▶ **TASK DESCRIPTION**: At the line containing "rw same g in", begin repeating lines exactly, and stop only after the final line of the records below.

▶ **DATA SHOWN**:
------------------------
-- ===== src/Bytecode/Walk/Same.antt =====
-- The depth that a walk finds hangs on its entry address alone: the other parameters decide only what is refused.
use mathlib.Core.Path.{subst}
use gengo.Prelude.{ℕ, ◌≡◌, sym, ◌∙◌, List, [], ◌∷◌, ◌++◌, Bool, Option, none, some, replicate}
use gengo.Prelude.Updates.{set_elem}
use gengo.Bytecode.Checked.{ok}
use gengo.Bytecode.Decoder.{Code}
use gengo.Bytecode.Walk.{
  WorkItem, work_item, Visit, visited, Entry, visit, larger, walk_fuel, walk, run,
}
use gengo.Bytecode.Walk.Paths.{Executes-same, after, visit-Visited}
use gengo.Bytecode.Walk.Rounds.{Walks, ends, skips, enters, walk-Walks}

module _ (s : Code) (starts : List Bool) (e other : Entry) where
  visit-same : (at : WorkItem) (v w : Visit) → visit s e at ≡ ok v → visit s other at ≡ ok w → w ≡ v
  visit-same at v w hv hw =
      let x = visit-Visited s e at v hv in
      let y = visit-Visited s other at w hw in
      let (i, f) = Executes-same y.checks.executes x.checks.executes in
      y.same ∙ (λ k. visited s (i k) at.ip (after at (f k))) ∙ sym x.same

  Walks-same :
      {work : List WorkItem} {depths : List (Option ℕ)} {max m n : ℕ}
      → Walks s starts e work depths max m
      → Walks s starts other work depths max n
      → m ≡ n
  Walks-same (ends p) (ends q) = sym p ∙ q
  Walks-same (skips old x) (skips _ y) = Walks-same x y
  Walks-same (skips old x) (enters v new h y) = absurd (cc)
  Walks-same (enters v new h x) (skips old y) = absurd (cc)
  Walks-same (enters {at} {rest} {depths} {max} v new h x) (enters {result = n} w _ g y) =
      let same = visit-same at v w h g in
      Walks-same x (
        subst
          (λ (u : Visit).
            Walks s starts other (rest ++ u.work) (set_elem depths at.ip (some at.depth))
              (larger max u.new_depth) n)
          same y)

  pub run-same :
      (m n : ℕ)
      → e.entry_ip ≡ other.entry_ip
      → run s starts e ≡ ok m
      → run s starts other ≡ ok n
      → m ≡ n
  unfolding run
  run-same m n same h g =
      let empty = replicate s.code_len none in
      let g' : walk (walk_fuel s) s starts other (work_item e.entry_ip 0 ∷ []) empty 0 ≡ ok n =
        rw same g in
      Walks-same (walk-Walks (walk_fuel s) s starts e (work_item e.entry_ip 0 ∷ []) empty 0 m h)
        (walk-Walks (walk_fuel s) s starts other (work_item e.entry_ip 0 ∷ []) empty 0 n g')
------------------------
▶ **RESPONSE AREA**:
        rw same g in
      Walks-same (walk-Walks (walk_fuel s) s starts e (work_item e.entry_ip 0 ∷ []) empty 0 m h)
        (walk-Walks (walk_fuel s) s starts other (work_item e.entry_ip 0 ∷ []) empty 0 n g')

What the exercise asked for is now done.